Every line of the listing that holds the word "Unmoved" should be returned.

_ _ _ _ _ _ _

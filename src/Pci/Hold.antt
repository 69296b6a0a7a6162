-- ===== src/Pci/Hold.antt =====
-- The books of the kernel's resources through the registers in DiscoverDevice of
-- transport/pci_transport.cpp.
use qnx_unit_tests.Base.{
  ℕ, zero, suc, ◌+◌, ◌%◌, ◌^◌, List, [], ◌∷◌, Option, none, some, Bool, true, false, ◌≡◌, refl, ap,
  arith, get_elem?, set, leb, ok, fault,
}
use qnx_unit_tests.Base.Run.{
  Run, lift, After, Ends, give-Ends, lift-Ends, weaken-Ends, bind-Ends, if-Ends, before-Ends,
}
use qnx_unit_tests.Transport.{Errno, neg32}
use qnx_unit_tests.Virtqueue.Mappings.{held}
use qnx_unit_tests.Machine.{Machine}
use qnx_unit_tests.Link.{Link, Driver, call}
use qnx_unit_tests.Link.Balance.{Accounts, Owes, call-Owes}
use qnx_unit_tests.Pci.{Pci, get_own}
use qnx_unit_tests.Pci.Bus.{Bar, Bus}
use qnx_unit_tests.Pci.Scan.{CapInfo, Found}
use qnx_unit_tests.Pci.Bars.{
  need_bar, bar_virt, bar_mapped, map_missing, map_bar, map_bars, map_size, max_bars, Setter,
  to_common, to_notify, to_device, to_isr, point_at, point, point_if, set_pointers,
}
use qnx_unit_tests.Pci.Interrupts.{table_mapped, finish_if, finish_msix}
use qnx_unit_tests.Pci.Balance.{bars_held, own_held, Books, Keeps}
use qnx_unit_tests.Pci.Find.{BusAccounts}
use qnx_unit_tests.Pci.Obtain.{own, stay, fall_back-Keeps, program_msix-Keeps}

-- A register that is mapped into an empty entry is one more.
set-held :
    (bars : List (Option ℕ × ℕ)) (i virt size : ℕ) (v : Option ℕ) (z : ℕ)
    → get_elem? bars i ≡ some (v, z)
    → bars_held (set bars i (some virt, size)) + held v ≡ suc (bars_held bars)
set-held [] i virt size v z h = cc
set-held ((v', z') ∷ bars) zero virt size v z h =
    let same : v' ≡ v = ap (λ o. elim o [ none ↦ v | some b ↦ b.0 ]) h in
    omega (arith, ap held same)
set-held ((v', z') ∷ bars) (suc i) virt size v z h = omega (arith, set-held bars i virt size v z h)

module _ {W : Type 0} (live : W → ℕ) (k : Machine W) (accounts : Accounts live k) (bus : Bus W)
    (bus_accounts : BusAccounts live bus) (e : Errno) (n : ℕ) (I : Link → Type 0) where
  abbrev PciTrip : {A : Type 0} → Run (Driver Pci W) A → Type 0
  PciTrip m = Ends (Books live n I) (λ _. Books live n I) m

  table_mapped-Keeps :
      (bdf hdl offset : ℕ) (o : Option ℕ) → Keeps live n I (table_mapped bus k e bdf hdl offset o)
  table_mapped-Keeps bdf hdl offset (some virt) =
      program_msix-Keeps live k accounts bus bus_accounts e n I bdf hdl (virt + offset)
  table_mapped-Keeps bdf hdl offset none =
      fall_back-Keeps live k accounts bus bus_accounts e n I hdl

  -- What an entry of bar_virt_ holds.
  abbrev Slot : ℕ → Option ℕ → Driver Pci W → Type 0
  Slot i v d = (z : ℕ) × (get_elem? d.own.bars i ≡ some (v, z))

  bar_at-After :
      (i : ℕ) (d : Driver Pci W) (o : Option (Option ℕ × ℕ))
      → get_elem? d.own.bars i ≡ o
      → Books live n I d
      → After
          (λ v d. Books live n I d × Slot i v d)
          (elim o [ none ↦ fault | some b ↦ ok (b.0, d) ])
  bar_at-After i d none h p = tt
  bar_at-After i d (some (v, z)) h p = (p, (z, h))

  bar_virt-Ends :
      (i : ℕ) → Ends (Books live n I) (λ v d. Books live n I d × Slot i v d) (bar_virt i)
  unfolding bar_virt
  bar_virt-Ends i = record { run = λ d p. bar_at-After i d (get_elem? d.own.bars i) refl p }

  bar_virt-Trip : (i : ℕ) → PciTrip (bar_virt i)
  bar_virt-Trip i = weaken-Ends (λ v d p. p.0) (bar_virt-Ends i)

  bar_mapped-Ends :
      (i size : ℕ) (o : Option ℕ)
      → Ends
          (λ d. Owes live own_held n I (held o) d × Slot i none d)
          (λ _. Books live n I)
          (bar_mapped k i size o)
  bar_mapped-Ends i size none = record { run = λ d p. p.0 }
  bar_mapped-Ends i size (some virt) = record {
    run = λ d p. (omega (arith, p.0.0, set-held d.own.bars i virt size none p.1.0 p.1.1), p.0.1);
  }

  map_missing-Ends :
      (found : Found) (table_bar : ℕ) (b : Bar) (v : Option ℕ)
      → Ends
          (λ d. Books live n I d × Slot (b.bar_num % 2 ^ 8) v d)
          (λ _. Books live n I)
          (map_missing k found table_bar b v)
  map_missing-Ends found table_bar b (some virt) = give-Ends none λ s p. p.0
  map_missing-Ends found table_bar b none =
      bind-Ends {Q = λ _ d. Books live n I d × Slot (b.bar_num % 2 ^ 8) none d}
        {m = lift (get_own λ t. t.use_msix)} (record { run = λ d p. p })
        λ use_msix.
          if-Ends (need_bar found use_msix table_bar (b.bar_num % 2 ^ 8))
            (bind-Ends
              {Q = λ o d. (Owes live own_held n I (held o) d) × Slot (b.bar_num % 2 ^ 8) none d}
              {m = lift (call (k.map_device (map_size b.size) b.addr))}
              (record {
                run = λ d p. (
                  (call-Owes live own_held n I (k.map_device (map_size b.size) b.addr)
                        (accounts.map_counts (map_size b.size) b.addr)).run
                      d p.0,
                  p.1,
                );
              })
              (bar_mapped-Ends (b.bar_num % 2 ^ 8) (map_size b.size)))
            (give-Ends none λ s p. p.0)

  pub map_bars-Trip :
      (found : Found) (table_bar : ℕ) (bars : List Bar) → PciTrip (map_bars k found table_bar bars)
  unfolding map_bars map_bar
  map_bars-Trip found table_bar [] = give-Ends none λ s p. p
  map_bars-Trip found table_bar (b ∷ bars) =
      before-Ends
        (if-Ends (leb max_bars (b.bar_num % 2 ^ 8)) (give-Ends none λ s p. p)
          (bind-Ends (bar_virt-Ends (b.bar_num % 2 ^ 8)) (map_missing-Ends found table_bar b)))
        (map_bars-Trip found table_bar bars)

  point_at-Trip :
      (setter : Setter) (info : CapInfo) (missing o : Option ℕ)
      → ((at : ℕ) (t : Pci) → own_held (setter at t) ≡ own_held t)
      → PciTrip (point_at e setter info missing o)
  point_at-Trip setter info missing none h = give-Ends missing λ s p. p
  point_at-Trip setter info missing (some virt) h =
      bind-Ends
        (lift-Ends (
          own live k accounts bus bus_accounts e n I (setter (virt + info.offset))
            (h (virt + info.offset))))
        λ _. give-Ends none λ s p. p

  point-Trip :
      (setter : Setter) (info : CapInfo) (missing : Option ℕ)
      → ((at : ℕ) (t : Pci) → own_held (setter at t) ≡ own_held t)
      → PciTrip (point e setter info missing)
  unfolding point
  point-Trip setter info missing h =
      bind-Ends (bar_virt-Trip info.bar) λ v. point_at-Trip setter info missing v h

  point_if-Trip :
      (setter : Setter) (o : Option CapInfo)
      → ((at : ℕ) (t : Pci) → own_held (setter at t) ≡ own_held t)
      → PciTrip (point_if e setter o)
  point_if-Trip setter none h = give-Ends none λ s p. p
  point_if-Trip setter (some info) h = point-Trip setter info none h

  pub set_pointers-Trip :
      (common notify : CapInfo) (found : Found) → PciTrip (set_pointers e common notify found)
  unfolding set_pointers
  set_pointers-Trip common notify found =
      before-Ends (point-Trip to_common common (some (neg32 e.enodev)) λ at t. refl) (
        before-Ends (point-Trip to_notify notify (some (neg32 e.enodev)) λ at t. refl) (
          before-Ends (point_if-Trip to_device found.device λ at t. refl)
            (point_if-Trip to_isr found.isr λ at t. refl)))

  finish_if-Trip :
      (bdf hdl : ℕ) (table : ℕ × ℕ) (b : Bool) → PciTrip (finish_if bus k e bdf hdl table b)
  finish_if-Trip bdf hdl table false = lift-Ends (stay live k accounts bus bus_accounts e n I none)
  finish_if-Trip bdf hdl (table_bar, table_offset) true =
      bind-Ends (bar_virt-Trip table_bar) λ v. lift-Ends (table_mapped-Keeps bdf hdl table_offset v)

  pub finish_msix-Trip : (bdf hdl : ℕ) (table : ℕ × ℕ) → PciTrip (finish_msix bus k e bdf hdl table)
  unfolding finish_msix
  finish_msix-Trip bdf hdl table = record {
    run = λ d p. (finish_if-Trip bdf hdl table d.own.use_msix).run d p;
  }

_ _ _ _ _ _ _

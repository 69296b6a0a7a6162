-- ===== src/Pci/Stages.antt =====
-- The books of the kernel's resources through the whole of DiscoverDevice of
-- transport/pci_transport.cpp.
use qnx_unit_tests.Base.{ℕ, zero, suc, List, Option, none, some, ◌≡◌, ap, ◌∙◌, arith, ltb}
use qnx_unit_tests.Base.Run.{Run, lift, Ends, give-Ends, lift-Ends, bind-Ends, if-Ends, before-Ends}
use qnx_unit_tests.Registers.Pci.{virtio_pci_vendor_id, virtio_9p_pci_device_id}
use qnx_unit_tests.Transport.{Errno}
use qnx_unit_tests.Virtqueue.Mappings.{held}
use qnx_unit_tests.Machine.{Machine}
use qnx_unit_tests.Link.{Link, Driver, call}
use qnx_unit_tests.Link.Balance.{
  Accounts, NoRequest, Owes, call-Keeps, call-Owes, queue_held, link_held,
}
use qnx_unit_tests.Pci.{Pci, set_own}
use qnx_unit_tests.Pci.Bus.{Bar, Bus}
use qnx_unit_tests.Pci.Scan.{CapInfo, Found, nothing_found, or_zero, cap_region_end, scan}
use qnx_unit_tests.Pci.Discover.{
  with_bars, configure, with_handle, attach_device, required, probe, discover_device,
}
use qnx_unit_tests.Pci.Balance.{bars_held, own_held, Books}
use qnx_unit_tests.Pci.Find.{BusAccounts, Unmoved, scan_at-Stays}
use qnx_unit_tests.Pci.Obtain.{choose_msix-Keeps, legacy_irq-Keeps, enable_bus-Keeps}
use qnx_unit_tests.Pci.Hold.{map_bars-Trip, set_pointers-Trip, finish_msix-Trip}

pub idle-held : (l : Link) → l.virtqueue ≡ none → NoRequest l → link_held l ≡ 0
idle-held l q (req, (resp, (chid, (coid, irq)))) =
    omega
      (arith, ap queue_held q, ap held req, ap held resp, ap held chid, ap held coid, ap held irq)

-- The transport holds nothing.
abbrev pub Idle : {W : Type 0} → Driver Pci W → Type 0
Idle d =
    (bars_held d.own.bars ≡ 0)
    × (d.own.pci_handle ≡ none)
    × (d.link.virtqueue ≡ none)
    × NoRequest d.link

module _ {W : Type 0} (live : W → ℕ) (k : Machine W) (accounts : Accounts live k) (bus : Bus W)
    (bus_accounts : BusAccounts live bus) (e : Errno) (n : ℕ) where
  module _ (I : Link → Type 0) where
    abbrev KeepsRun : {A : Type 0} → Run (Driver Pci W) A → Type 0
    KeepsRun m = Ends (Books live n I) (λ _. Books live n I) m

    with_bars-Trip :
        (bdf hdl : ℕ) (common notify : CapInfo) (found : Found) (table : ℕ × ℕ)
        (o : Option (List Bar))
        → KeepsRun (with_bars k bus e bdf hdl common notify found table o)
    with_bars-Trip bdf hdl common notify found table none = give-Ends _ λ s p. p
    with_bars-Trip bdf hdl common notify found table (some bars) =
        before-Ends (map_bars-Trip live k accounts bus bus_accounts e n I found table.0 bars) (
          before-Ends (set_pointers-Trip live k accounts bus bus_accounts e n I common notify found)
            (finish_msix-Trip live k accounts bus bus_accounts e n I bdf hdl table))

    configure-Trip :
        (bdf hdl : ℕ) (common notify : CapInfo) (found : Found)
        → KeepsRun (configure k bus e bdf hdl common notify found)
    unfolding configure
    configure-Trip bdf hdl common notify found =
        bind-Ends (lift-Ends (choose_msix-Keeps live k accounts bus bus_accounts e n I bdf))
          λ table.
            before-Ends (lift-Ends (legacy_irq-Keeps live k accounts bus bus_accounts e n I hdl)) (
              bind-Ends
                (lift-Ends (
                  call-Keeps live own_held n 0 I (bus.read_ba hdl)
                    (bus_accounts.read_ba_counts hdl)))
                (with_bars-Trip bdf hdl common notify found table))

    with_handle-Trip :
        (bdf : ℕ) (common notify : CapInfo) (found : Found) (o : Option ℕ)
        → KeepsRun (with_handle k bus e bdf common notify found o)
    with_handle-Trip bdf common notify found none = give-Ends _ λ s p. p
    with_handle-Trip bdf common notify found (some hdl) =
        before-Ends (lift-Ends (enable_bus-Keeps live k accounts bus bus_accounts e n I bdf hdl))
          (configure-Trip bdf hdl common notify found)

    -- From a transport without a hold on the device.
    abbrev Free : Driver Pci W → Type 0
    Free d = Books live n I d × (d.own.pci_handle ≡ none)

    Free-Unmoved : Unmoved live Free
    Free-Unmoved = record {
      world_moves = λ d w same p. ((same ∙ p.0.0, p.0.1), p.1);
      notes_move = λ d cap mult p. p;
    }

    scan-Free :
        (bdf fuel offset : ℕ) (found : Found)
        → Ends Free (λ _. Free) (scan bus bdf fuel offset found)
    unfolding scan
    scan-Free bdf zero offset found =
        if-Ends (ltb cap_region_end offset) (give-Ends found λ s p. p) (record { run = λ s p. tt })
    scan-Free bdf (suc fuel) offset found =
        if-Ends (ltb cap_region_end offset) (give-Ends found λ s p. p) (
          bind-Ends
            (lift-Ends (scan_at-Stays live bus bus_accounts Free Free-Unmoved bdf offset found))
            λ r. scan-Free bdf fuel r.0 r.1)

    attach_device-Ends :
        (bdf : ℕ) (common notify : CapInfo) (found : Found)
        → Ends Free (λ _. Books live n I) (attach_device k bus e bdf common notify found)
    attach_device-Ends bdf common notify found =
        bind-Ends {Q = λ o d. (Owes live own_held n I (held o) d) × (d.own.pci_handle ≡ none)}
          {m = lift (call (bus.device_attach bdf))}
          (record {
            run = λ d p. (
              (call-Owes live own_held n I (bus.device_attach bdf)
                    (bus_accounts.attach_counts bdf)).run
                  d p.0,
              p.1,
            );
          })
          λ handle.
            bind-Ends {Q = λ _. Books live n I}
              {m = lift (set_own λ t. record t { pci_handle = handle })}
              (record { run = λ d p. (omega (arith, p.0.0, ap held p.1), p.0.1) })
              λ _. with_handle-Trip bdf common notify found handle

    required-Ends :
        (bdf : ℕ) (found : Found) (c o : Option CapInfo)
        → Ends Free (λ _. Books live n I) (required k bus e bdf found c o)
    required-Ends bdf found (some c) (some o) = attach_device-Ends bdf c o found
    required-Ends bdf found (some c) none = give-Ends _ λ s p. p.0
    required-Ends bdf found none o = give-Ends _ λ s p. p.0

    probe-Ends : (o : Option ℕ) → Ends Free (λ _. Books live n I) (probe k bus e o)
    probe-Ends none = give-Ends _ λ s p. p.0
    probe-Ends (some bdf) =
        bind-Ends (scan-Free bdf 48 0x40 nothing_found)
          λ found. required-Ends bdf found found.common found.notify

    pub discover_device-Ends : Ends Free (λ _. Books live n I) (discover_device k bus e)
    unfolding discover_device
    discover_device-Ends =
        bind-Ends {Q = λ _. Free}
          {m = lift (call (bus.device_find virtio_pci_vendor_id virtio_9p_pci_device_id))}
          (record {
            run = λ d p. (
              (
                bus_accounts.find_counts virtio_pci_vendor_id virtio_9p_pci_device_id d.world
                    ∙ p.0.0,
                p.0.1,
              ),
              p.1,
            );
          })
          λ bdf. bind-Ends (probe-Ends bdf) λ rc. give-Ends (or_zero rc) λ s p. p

_ _ _ _ _ _ _

RESPONSE AREA:
use qnx_unit_tests.Pci.Find.{BusAccounts, Unmoved, scan_at-Stays}
    Free-Unmoved : Unmoved live Free
    Free-Unmoved = record {
            (lift-Ends (scan_at-Stays live bus bus_accounts Free Free-Unmoved bdf offset found))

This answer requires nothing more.